Edit with Shell Command
Leverage your favourite shell commands to edit text.
Features
- Edit the selected text by piping it through shell commands.
The same text is also available as an environment variable,
ES_SELECTED .
- Insert the output of shell commands at the cursor position.
- Records command history: you can edit and reuse past commands.
- Use the shell you like. For example, if you have Bash on Windows, you can specify Bash as your shell for this extension.
- Register up to 5 quick commands that can be invoked by keyboard shortcuts.
- Support multi cursors.
Request Features or Report Bugs
Feature requests and bug reports are very welcome: https://github.com/ryu1kn/vscode-edit-with-shell/issues
A couple of requests from me when you raise an github issue.
- Requesting a feature: Please try to provide the context of why you want the feature.
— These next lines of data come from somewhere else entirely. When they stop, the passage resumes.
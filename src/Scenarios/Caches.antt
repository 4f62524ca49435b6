-- ===== src/Scenarios/Caches.antt =====
-- The theorems on the cache of results, applied to a cache that holds one verified entry.
use ikimetr.Prelude.{◌≡◌, ◌≢◌, refl, true, false, none, some, [], ◌∷◌, Text, text, text_Eq, text_eq}
use ikimetr.Config.{ProviderId, DataClass, Route, provider_id_Eq, data_class_Eq, route_Eq}
use ikimetr.LedgerEvents.{
  is_sha256_hex, ends_with_z, CacheAction, CacheNamespace, CacheState, CacheEvent,
}
use ikimetr.Budget.Controller.{AppendOutcome}
use ikimetr.Routing.State.{sort_record, insert_sorted, text_lt, insert_text, sort_texts}
use ikimetr.Cache.Evidence.{
  Engine, VerificationStage, VerificationEvidence, EvidenceContext, is_cache_identifier,
  is_cache_timestamp, valid_stage, valid_evidence, insert_stage, sort_stages,
  parse_verification_evidence, same_members, check_stages, validate_verification_evidence,
}
use ikimetr.Cache.Evidence.Passed.{Passed, validate_verification_evidence-Passed}
use ikimetr.Cache.Entry.{
  InputProtection, CacheMetadata, CacheCompatibilityContext, ResultKind, CachePayload, ProducerKind,
  CacheEntry, allowed_transition,
}
use ikimetr.Cache.Lineage.{Head, is_child_of, is_valid_child, find_entry, walk, resolve_unique_head}
use ikimetr.Cache.Lineage.Walk.{resolve_unique_head-ends}
use ikimetr.Cache.Runtime.{VerificationAuthority, RuntimeSettings, CacheRuntime, EventCall}
use ikimetr.Cache.Lookup.Reusable.{Reusable}
use ikimetr.Cache.Publish.{PersistCall}
use ikimetr.Cache.Negative.Recorded.{Recorded}
use ikimetr.Scenarios.{demo, demo_config, hash}

abbrev engine : Engine
engine = record { date = λ t. some 10; comes_before = λ s t. false; is_secret_like = λ t. false }

abbrev stage : VerificationStage
stage = record {
  stage_id = text "unit";
  command_id = text "test";
  exit_code = 0;
  evidence_hash = hash;
  tool_version = text "1";
  duration_ms = 20;
}

abbrev evidence : VerificationEvidence
evidence = record {
  required_stages = text "unit" ∷ [];
  completed_stages = text "unit" ∷ [];
  stages = stage ∷ [];
  authority_id = text "ci";
  authority_version = text "1";
  verification_profile_hash = hash;
  verified_at = text "2026-01-01T00:00:00Z";
}

abbrev expected : EvidenceContext
expected = record {
  allowed_command_ids = text "test" ∷ [];
  expected_profile_hash = hash;
  authority_id = text "ci";
  authority_version = text "1";
}

validate_verification_evidence-Passed_example : Passed expected evidence
unfolding validate_verification_evidence parse_verification_evidence valid_evidence valid_stage
    is_cache_identifier is_cache_timestamp is_sha256_hex ends_with_z sort_texts insert_text
    insert_sorted sort_record text_lt insert_stage sort_stages same_members check_stages text_eq
validate_verification_evidence-Passed_example =
    validate_verification_evidence-Passed engine evidence expected evidence refl

abbrev metadata : CacheMetadata
metadata = record {
  task_id = text "t1";
  task_type = text "classify";
  route = Route.cheap_cloud;
  provider = ProviderId.deepseek;
  model_revision = text "m1";
  prompt_version = text "1";
  policy_version = text "1";
  config_hash = hash;
  verification_profile_hash = hash;
  task_spec_hash = hash;
  input_hashes = hash ∷ [];
  diff_hash = none;
  error_fingerprint = none;
  data_class = DataClass.internal;
  input_protection = InputProtection.sha256;
  data_policy_hash = hash;
  tool_versions = (text "node", text "22") ∷ [];
  dependency_versions = [];
}

abbrev entry : CacheEntry
entry = record {
  entry_id = text "v1";
  metadata = metadata;
  parent_entry_hash = none;
  cache_key = hash;
  namespace = CacheNamespace.verified_artifact;
  state = CacheState.verified;
  patch_hash = none;
  created_at = text "2026-01-01T00:00:00Z";
  expires_at = text "2026-02-01T00:00:00Z";
  provenance = record {
    lineage_id = text "l1";
    producer_kind = ProducerKind.verification_authority;
    producer_id = text "ci";
    source_cache_key = none;
    source_entry_hash = none;
    write_event_id = text "w1";
  };
  sensitive_persistence_approved = false;
  payload = some (CachePayload.clear ResultKind.structured_result (text "42") hash);
  verification_evidence = some evidence;
  outcome_reason = none;
  entry_hash = hash;
  result_hash = some hash;
  verification_evidence_hash = some hash;
}

abbrev retired : CacheEntry
retired = record entry {
  entry_id = text "q1";
  parent_entry_hash = some hash;
  state = CacheState.quarantined;
  entry_hash = text "child";
  provenance = record entry.provenance {
    source_cache_key = some hash;
    source_entry_hash = some hash;
  };
}

-- A verified entry that has been withdrawn.
withdrawn_head :
    resolve_unique_head (entry ∷ retired ∷ []) CacheNamespace.verified_artifact
    ≡ Head.unique retired
unfolding resolve_unique_head walk is_valid_child is_child_of allowed_transition find_entry text_eq
withdrawn_head = refl

resolve_unique_head-ends_example :
    resolve_unique_head (entry ∷ retired ∷ []) CacheNamespace.verified_artifact ≢ Head.unfinished
resolve_unique_head-ends_example =
    resolve_unique_head-ends (entry ∷ retired ∷ []) CacheNamespace.verified_artifact

abbrev authority : VerificationAuthority
authority = record {
  authority_id = text "ci";
  authority_version = text "1";
  authorize = λ e. some true;
}

abbrev settings : RuntimeSettings
settings = record {
  engine = engine;
  schema = demo.schema;
  derive_key = λ namespace m. text "derived";
  config = some demo_config;
  commands = (text "lint", false) ∷ (text "test", true) ∷ [];
  authority = some authority;
  open_sealed = none;
  approvals = [];
}

abbrev written : CacheEvent
written = record {
  event_id = text "w1";
  occurred_at = text "2026-01-01T00:00:00Z";
  cache_key = hash;
  action = CacheAction.write;
  namespace = some CacheNamespace.verified_artifact;
  entry_hash = some hash;
  state = some CacheState.verified;
  result_hash = some hash;
  reason_code = none;
}

abbrev runtime : CacheRuntime
runtime = record { store = entry ∷ []; ledger = []; cache_events = (text "w1", written) ∷ [] }

abbrev request_for : CacheCompatibilityContext
request_for = record { cache_key = hash; metadata = metadata }

abbrev call : Text → EventCall
call name = record {
  event_id = name;
  now = text "2026-01-02T00:00:00Z";
  outcome = AppendOutcome.appended;
}

-- The entry of the request, and the unverified result that is its child.
abbrev opened : CacheEntry
opened = record entry {
  entry_id = text "p1";
  cache_key = text "requested";
  namespace = CacheNamespace.provider_request;
  state = CacheState.pending;
  payload = none;
  verification_evidence = none;
  entry_hash = text "pending";
  result_hash = none;
  verification_evidence_hash = none;
}

abbrev unverified : CacheEntry
unverified = record entry {
  entry_id = text "u1";
  parent_entry_hash = some (text "pending");
  cache_key = text "requested";
  namespace = CacheNamespace.provider_request;
  state = CacheState.unverified;
  provenance = record entry.provenance {
    producer_kind = ProducerKind.provider;
    source_cache_key = some (text "requested");
    source_entry_hash = some (text "pending");
    write_event_id = text "w0";
  };
  verification_evidence = none;
  entry_hash = text "unverified";
  verification_evidence_hash = none;
}

abbrev publication : CacheEntry
publication = record entry {
  parent_entry_hash = some (text "unverified");
  provenance = record entry.provenance {
    source_cache_key = some (text "requested");
    source_entry_hash = some (text "unverified");
  };
}

abbrev awaiting : CacheRuntime
awaiting = record { store = unverified ∷ opened ∷ []; ledger = []; cache_events = [] }

abbrev writes : PersistCall
writes = record {
  revision = AppendOutcome.appended;
  event = AppendOutcome.appended;
  now = text "2026-01-02T00:00:00Z";
}

abbrev failed : CacheEntry
failed = record entry {
  entry_id = text "n1";
  namespace = CacheNamespace.negative;
  state = CacheState.negative;
  payload = none;
  verification_evidence = none;
  outcome_reason = some (record { code = text "unsolvable"; transient = false });
  result_hash = none;
  verification_evidence_hash = none;
}

abbrev failure_known : CacheRuntime
failure_known = record {
  store = failed ∷ [];
  ledger = [];
  cache_events =
      (
        text "w1",
        record written {
          namespace = some CacheNamespace.negative;
          state = some CacheState.negative;
          result_hash = none;
        },
      )
      ∷ [];
}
Such as, in what situation the feature could help you and how, or how the lack of the feature is causing an inconvenience to you. I can't think of introducing it until I understand how it helps you 🙂
- Reporting a bug: Please include environment information (OS name/version, the editor version). Also consider providing screenshots (or even videos) where appropriate. They are often very very helpful!
Commands
EditWithShell: Run command (Command ID: editWithShell.runCommand )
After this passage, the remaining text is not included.